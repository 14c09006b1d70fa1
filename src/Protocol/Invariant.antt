-- ===== src/Protocol/Invariant.antt =====
-- What holds of every reachable state.
use sharedgl.Prelude.{ℕ, suc, ◌≤◌, ◌<◌, ◌≡◌, ◌⊎◌, Bool, true, false, ◌==◌}
use sharedgl.Layout.{valid_client_id}
use sharedgl.Protocol.{
  Stream, no_stream, Shared, Pc, idle, locking, checking, unlocking, polling, flagging, copying,
  naming, sizing, raising, releasing, waiting, fetching, dropping, answered, ServerPc,
  naming_client, sizing_batch, checking_batch, wiping, refusing, loading, lowering, executing,
  replying, answering, World,
}

-- The stream of a client's present submission
abbrev pub stream_of : Pc → Stream
stream_of idle = no_stream
stream_of dropping = no_stream
stream_of (locking s) = s
stream_of (checking s) = s
stream_of (unlocking s) = s
stream_of (polling s) = s
stream_of (flagging s) = s
stream_of (copying s k) = s
stream_of (naming s) = s
stream_of (sizing s) = s
stream_of (raising s) = s
stream_of (releasing s) = s
stream_of (waiting s) = s
stream_of (fetching s) = s
stream_of (answered s r) = s

-- The client has the lock.
abbrev pub critical : Pc → Bool
critical idle = false
critical dropping = false
critical (locking s) = false
critical (polling s) = false
critical (waiting s) = false
critical (fetching s) = false
critical (answered s r) = false
critical _ = true

-- It has seen SUBMIT at 0 and not raised it yet.
abbrev pub staging : Pc → Bool
staging (flagging s) = true
staging (copying s k) = true
staging (naming s) = true
staging (sizing s) = true
staging (raising s) = true
staging _ = false

-- It has raised SUBMIT and not read its answer yet.
abbrev pub raised : Pc → Bool
raised (releasing s) = true
raised (waiting s) = true
raised (fetching s) = true
raised _ = false

abbrev pub is_idle : Pc → Bool
is_idle idle = true
is_idle _ = false

abbrev pub is_answered : Pc → Bool
is_answered (answered s r) = true
is_answered _ = false

-- The bytes of its stream that are in the stage
abbrev pub progress : Pc → ℕ
progress (copying s k) = k
progress (naming s) = s.size
progress (sizing s) = s.size
progress (raising s) = s.size
progress _ = 0

-- What the client has told about its stream so far, and that it has seen its own flag down.
abbrev pub IsPlaced : Shared → ℕ → Pc → Type 0
IsPlaced m i (copying s k) = m.flag i ≡ true
IsPlaced m i (naming s) = m.flag i ≡ true
IsPlaced m i (sizing s) = (m.flag i ≡ true) × (m.stage_client_id ≡ i)
IsPlaced m i (raising s) = (m.flag i ≡ true) × (m.stage_client_id ≡ i) × (m.stage_size ≡ s.size)
IsPlaced m i (fetching s) = m.flag i ≡ false
IsPlaced m i _ = Unit

-- The server runs a batch of `i`, or answers it.
abbrev pub serves : ServerPc → ℕ → Bool
serves (executing id n exec) i = id == i
serves (replying id r) i = id == i
serves (answering id r) i = id == i
serves _ i = false

abbrev pub rejects : ServerPc → Bool
rejects (wiping id) = true
rejects refusing = true
rejects _ = false

-- The bytes that the server has copied, and to where
abbrev pub loaded_bytes : ServerPc → ℕ
loaded_bytes (loading id n k exec) = k
loaded_bytes (lowering id n exec) = n
loaded_bytes _ = 0

abbrev pub exec_of : ServerPc → ℕ → ℕ
exec_of (loading id n k exec) = exec
exec_of (lowering id n exec) = exec
exec_of (executing id n exec) = exec
exec_of _ = λ _. 0

-- While the server takes a batch up, SUBMIT is raised, and what it has read is what is there.
abbrev pub IsFetched : Shared → ServerPc → Type 0
IsFetched m naming_client = m.submit ≡ true
IsFetched m (sizing_batch id) = (m.submit ≡ true) × (id ≡ m.stage_client_id)
IsFetched m (checking_batch id n) =
    (m.submit ≡ true) × (id ≡ m.stage_client_id) × (n ≡ m.stage_size)
IsFetched m (loading id n k exec) =
    (m.submit ≡ true) × (id ≡ m.stage_client_id) × (n ≡ m.stage_size)
IsFetched m (lowering id n exec) = (m.submit ≡ true) × (id ≡ m.stage_client_id) × (n ≡ m.stage_size)
IsFetched m _ = Unit

-- While it runs a batch and answers, the client waits for it.
abbrev pub IsRunning : World → ServerPc → Type 0
IsRunning w (executing id n exec) =
    (raised (w.clients id) ≡ true)
    × (w.shared.flag id ≡ true)
    × (w.runs id ≡ w.asked id)
    × (n ≡ (stream_of (w.clients id)).size)
IsRunning w (replying id r) =
    (raised (w.clients id) ≡ true)
    × (w.shared.flag id ≡ true)
    × (w.runs id ≡ suc (w.asked id))
    × ((w.last id).result ≡ r)
IsRunning w (answering id r) =
    (raised (w.clients id) ≡ true)
    × (w.shared.flag id ≡ true)
    × (w.runs id ≡ suc (w.asked id))
    × ((w.last id).result ≡ r)
    × (w.shared.retval id ≡ r)
IsRunning w _ = Unit

-- What a raised SUBMIT register says of the client that it names.
pub record IsPublished (fifo_size : ℕ) (w : World) (id : ℕ) : Type 0 where
  pub valid : valid_client_id id ≡ true
  pub waits : raised (w.clients id) ≡ true
  pub flagged : w.shared.flag id ≡ true
  pub fresh : w.runs id ≡ w.asked id
  pub unserved : serves w.server id ≡ false
  pub size : w.shared.stage_size ≡ (stream_of (w.clients id)).size

pub record Inv (fifo_size : ℕ) (w : World) : Type 0 where
  pub locked : (i : ℕ) → critical (w.clients i) ≡ true → w.shared.lock ≡ true
  pub held : w.shared.lock ≡ true → (i : ℕ) × (critical (w.clients i) ≡ true)
  pub members : (i : ℕ) → is_idle (w.clients i) ≡ false → valid_client_id i ≡ true
  pub alone : (i j : ℕ) → critical (w.clients i) ≡ true → critical (w.clients j) ≡ true → i ≡ j
  pub lowered : (i : ℕ) → staging (w.clients i) ≡ true → w.shared.submit ≡ false
  pub placed : (i : ℕ) → IsPlaced w.shared i (w.clients i)
  pub small : (i : ℕ) → (stream_of (w.clients i)).size ≤ fifo_size
  pub staged :
      (i k : ℕ) → k < progress (w.clients i) → w.shared.stage k ≡ (stream_of (w.clients i)).byte k
  pub published : w.shared.submit ≡ true → IsPublished fifo_size w w.shared.stage_client_id
  pub published_bytes :
      w.shared.submit ≡ true
      → (k : ℕ) → k < w.shared.stage_size
      → w.shared.stage k ≡ (stream_of (w.clients w.shared.stage_client_id)).byte k
  pub awaited :
      (i : ℕ)
      → raised (w.clients i) ≡ true
      → w.shared.flag i ≡ true
      → ((w.shared.submit ≡ true) × (w.shared.stage_client_id ≡ i)) ⊎ (serves w.server i ≡ true)
  pub settled :
      (i : ℕ)
      → raised (w.clients i) ≡ true
      → w.shared.flag i ≡ false
      → (w.runs i ≡ suc (w.asked i)) × (w.shared.retval i ≡ (w.last i).result)
  pub prior :
      (i : ℕ)
      → raised (w.clients i) ≡ false
      → is_answered (w.clients i) ≡ false
      → w.runs i ≡ w.asked i
  pub returned :
      (i : ℕ) (s : Stream) (r : ℕ)
      → w.clients i ≡ answered s r
      → (w.runs i ≡ suc (w.asked i)) × ((w.last i).result ≡ r)
  pub accepts : rejects w.server ≡ false
  pub fetched : IsFetched w.shared w.server
  pub loaded : (k : ℕ) → k < loaded_bytes w.server → exec_of w.server k ≡ w.shared.stage k
  pub running : IsRunning w w.server
  pub running_bytes :
      (id n : ℕ) (exec : ℕ → ℕ)
      → w.server ≡ executing id n exec
      → (k : ℕ) → k < n
      → exec k ≡ (stream_of (w.clients id)).byte k
  pub ran_size :
      (i : ℕ) → w.runs i ≡ suc (w.asked i) → (w.last i).size ≡ (stream_of (w.clients i)).size
  pub ran_bytes :
      (i : ℕ)
      → w.runs i ≡ suc (w.asked i)
      → (k : ℕ) → k < (w.last i).size
      → (w.last i).byte k ≡ (stream_of (w.clients i)).byte k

What the task requires =>
Scan the entries above for the line containing "progress (naming s) = s.size", and copy it and all lines after it exactly, down to and including the line containing "rejects _ = false".

Result for this exercise =>
progress (naming s) = s.size
progress (sizing s) = s.size
progress (raising s) = s.size
progress _ = 0

-- What the client has told about its stream so far, and that it has seen its own flag down.
abbrev pub IsPlaced : Shared → ℕ → Pc → Type 0
IsPlaced m i (copying s k) = m.flag i ≡ true
IsPlaced m i (naming s) = m.flag i ≡ true
IsPlaced m i (sizing s) = (m.flag i ≡ true) × (m.stage_client_id ≡ i)
IsPlaced m i (raising s) = (m.flag i ≡ true) × (m.stage_client_id ≡ i) × (m.stage_size ≡ s.size)
IsPlaced m i (fetching s) = m.flag i ≡ false
IsPlaced m i _ = Unit

-- The server runs a batch of `i`, or answers it.
abbrev pub serves : ServerPc → ℕ → Bool
serves (executing id n exec) i = id == i
serves (replying id r) i = id == i
serves (answering id r) i = id == i
serves _ i = false

abbrev pub rejects : ServerPc → Bool
rejects (wiping id) = true
rejects refusing = true
rejects _ = false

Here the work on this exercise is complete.